Assuming that ACAS' single-largest holding experienced a 2% decline in "fair value" and that the rest of its non-cash net value increased by 2% to reflect the broader market, ACAS would have a non-cash NAV of $18.11 per share (on just under $4.6 billion in non-cash assets) and a NAV with cash of $19.10 per share (on net assets of $4.845 billion).
In 2015, management issued options on 500,000 shares that are included in the above calculations. However, as the share count dwindles due to repurchases while market prices for ACAS shares remain significantly below diluted NAV, there is more and more risk to shareholders from any issuance of options with a strike price near market value. Management provides a little chart in the 10-K illustrating what a disaster below-NAV share issuance is, and options priced near market values have the exact same economic impact on shareholders.
As an illustration: new options on 10 million shares, with an exercise price of $15.50 per share, would raise ACAS' assets by $8 million on exercise while increasing the diluted share count by 500,000. Today, this would reduce the estimated diluted NAV from $19.10 per share to just under $18.97, or nearly 1% of NAV. Since the repurchase has been underway, share count has fallen significantly from the authorized share limit, so considerably more authority exists for options grants than the 10 million shares hypothesized above.
For shareholders to get the full benefit of ACAS' share repurchases and portfolio appreciation, management must keep its hands out of the cookie jar.

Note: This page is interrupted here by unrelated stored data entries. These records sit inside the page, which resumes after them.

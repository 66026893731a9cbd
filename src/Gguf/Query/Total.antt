-- ===== src/Gguf/Query/Total.antt =====
-- src/gguf.cpp: queries on an accepted file do not fail.
use adi.Base.{
  ℕ, ◌≡◌, subst, List, [], ◌∷◌, Option, none, some, length, list_eq, take, drop, arith, Bool-cases,
  Option-cases, inl, inr, All, length-take, length-drop,
}
use adi.Base.Result.{ok}
use adi.Utf8.{Bytes}
use adi.Gguf.Cursor.{at}
use adi.Gguf.Types.{scalar_size}
use adi.Gguf.File.{
  GgufFile, GgufMetadata, GgufTensor, integer, integer_value, find_metadata, find_tensor,
  parse_file,
}
use adi.Gguf.File.Directory.{InFile, Readable}
use adi.Gguf.File.Tensors.{Stored}
use adi.Gguf.File.Valid.{parse_file-IsValidFile}
use adi.Gguf.Query.{tensor_data}

pub at-returns :
    (file : Bytes) (offset size : ℕ)
    → InFile file offset size
    → at file offset size ≡ ok (take size (drop offset file))
unfolding at
at-returns file offset size h = ground arith

found-Readable :
    (file key : Bytes) (entries : List GgufMetadata) (entry : GgufMetadata)
    → All (Readable file) entries
    → find_metadata key entries ≡ some entry
    → Readable file entry
unfolding find_metadata
found-Readable file key [] entry h e = cc
found-Readable file key (x ∷ entries) entry (r, h) e = elim (Bool-cases (list_eq x.key key)) [
  | inl same ↦ let it : x ≡ entry = ground arith in subst (λ y. Readable file y) it r
  | inr other ↦ found-Readable file key entries entry h (ground arith)
]

found-Stored :
    (file name : Bytes) (tensors : List GgufTensor) (tensor : GgufTensor)
    → All (Stored file) tensors
    → find_tensor name tensors ≡ some tensor
    → Stored file tensor
unfolding find_tensor
found-Stored file name [] tensor h e = cc
found-Stored file name (x ∷ tensors) tensor (r, h) e = elim (Bool-cases (list_eq x.name name)) [
  | inl same ↦ let it : x ≡ tensor = ground arith in subst (λ y. Stored file y) it r
  | inr other ↦ found-Stored file name tensors tensor h (ground arith)
]

-- The content of a tensor that is found in an accepted file can be read, and has as many bytes as
-- the tensor says.
pub tensor_data-returns :
    (file name : Bytes) (g : GgufFile) (tensor : GgufTensor)
    → parse_file file ≡ ok g
    → find_tensor name g.tensors ≡ some tensor
    → (content : Bytes) × (tensor_data file tensor ≡ ok content) × (length content ≡ tensor.bytes)
unfolding tensor_data
tensor_data-returns file name g tensor p e =
    let stored =
      found-Stored file name g.tensors tensor (parse_file-IsValidFile file g p).stored e in
    (
      take tensor.bytes (drop tensor.offset file),
      at-returns file tensor.offset tensor.bytes stored,
      omega (
        arith,
        length-take tensor.bytes (drop tensor.offset file),
        length-drop tensor.offset file,
        stored,
      ),
    )

-- Asking an accepted file for an integer never fails, whatever the key and the type of its value.
pub integer-returns :
    (file key : Bytes) (g : GgufFile)
    → parse_file file ≡ ok g
    → (value : Option ℕ) × (integer file g.metadata key ≡ ok value)
unfolding integer
integer-returns file key g p = elim (Option-cases (find_metadata key g.metadata)) [
  | inl q ↦ (none, rw (q, integer))
  | inr (entry, q) ↦
      let r =
        found-Readable file key g.metadata entry
          (parse_file-IsValidFile file g p).directory.readable q in
      (
        integer_value entry.type (take (scalar_size entry.type) (drop entry.value_offset file)),
        rw (q, integer) (rw (at-returns file entry.value_offset (scalar_size entry.type) r)),
      )
]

As a sale-of-business transaction approaches, the risk that exiting executives will vote themselves a final bonus on the backs of shareholders gets worse and worse.

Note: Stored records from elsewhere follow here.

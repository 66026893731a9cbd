-- ===== src/Examples/GgufRuns.antt =====
-- src/gguf.cpp at a concrete file.
use adi.Base.{ℕ, ◌≡◌, refl, [], ◌∷◌, ◌++◌, Option, some, length, arith}
use adi.Base.Result.{ok}
use adi.Base.{replicate}
use adi.Base.Text.{codes}
use adi.Utf8.{Bytes}
use adi.Gguf.Cursor.{outside, require, read, read_string, skip, at, load_scalar}
use adi.Gguf.Types.{
  value_type_of, scalar_size, read_value_type, skip_value, ggml_type_of, element_size, tensor_bytes,
}
use adi.Gguf.Align.{align_up}
use adi.Gguf.Align.Laws.{RoundsUp, align_up-RoundsUp, align_up-returns}
use adi.Gguf.File.{
  GgufFile, GgufTensor, find_metadata, find_tensor, integer, integer_value, read_metadata,
  read_tensors, read_tensor, read_dimensions, place_tensors, parse_file, alignment_key,
}
use adi.Gguf.File.Valid.{IsValidFile, parse_file-IsValidFile}
use adi.Gguf.Query.{tensor_data}
use adi.Gguf.Query.Total.{tensor_data-returns, integer-returns}

-- The 64-bit scalar `n`, lowest byte first, for n below 256.
abbrev wide : ℕ → Bytes
wide n = n ∷ replicate 7 0

abbrev short : ℕ → Bytes
short n = n ∷ 0 ∷ 0 ∷ 0 ∷ []

-- One metadata entry, the alignment 32 as a u32; one tensor "t" of two 8-bit integers; the data.
abbrev small : Bytes
small =
    codes "GGUF"
    ++ (short 3
        ++ (wide 1
            ++ (wide 1
                ++ (wide 17
                    ++ (codes "general.alignment"
                        ++ (short 4
                            ++ (short 32
                                ++ (wide 1
                                    ++ (codes "t"
                                        ++ (short 1
                                            ++ (wide 2
                                                ++ (short 24
                                                    ++ (wide 0
                                                        ++ (replicate 6 0
                                                            ++ (7 ∷ 9 ∷ [])))))))))))))))

abbrev tensor : GgufTensor
tensor = record {
  name = codes "t";
  dimensions = 2 ∷ [];
  type = ggml_type_of 24;
  offset = 96;
  elements = 2;
  bytes = 2;
}

abbrev parsed : GgufFile
parsed = record {
  version = 3;
  alignment = 32;
  metadata =
      record { key = alignment_key; type = adi.Gguf.Types.GgufValueType.u32; value_offset = 53 }
      ∷ [];
  tensors = tensor ∷ [];
}

parse_small : parse_file small ≡ ok parsed
unfolding parse_file read require outside read_metadata read_string read_value_type value_type_of
    find_metadata skip_value skip integer at integer_value load_scalar read_tensors read_tensor
    find_tensor read_dimensions tensor_bytes element_size ggml_type_of scalar_size align_up
    place_tensors
parse_small = refl

parse_file-IsValidFile_example : IsValidFile small parsed
parse_file-IsValidFile_example = parse_file-IsValidFile small parsed parse_small

tensor_found : find_tensor (codes "t") parsed.tensors ≡ some tensor
unfolding find_tensor
tensor_found = refl

tensor_data-returns_example :
    (content : Bytes) × (tensor_data small tensor ≡ ok content) × (length content ≡ 2)
tensor_data-returns_example =
    tensor_data-returns small (codes "t") parsed tensor parse_small tensor_found

integer-returns_example :
    (value : Option ℕ) × (integer small parsed.metadata alignment_key ≡ ok value)
integer-returns_example = integer-returns small alignment_key parsed parse_small

aligned : align_up 90 32 ≡ ok 96
unfolding align_up
aligned = refl

align_up-RoundsUp_example : RoundsUp 90 32 96
align_up-RoundsUp_example = align_up-RoundsUp 90 32 96 (omega arith) aligned

align_up-returns_example : (r : ℕ) × (align_up 90 32 ≡ ok r)
align_up-returns_example = align_up-returns 5 90 (omega arith) (omega arith)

Other risks include the possibility of a catastrophe that impacts asset valuations globally, and consequently the "fair value" of ACAS' entire non-cash portfolio. The liquidity crisis of 2008 is an example of such a shock, but a smaller shock could still have a material impact on ACAS' short-term NAV and, consequently, its prospects for sale at the most favorable price.
ACAS' significant discount to NAV, coupled with its aggressive repurchasing campaign, offers an immediate and material upside to NAV. Since metrics like operating income and earnings do not capture the effect on NAV of repurchase, NAV continues to be the ideal metric for assessing management's success in improving shareholder value at ACAS. Assuming no new options issuance, it is likely that ACAS' net asset value per share at the time of this article is slightly in excess of $19 per share, or approximately 25% above ACAS' share price (at the time of this writing) of $15.25.
Disclosure: I am/we are long ACAS.
I wrote this article myself, and it expresses my own opinions. I am not receiving compensation for it (other than from Seeking Alpha). I have no business relationship with any company whose stock is mentioned in this article.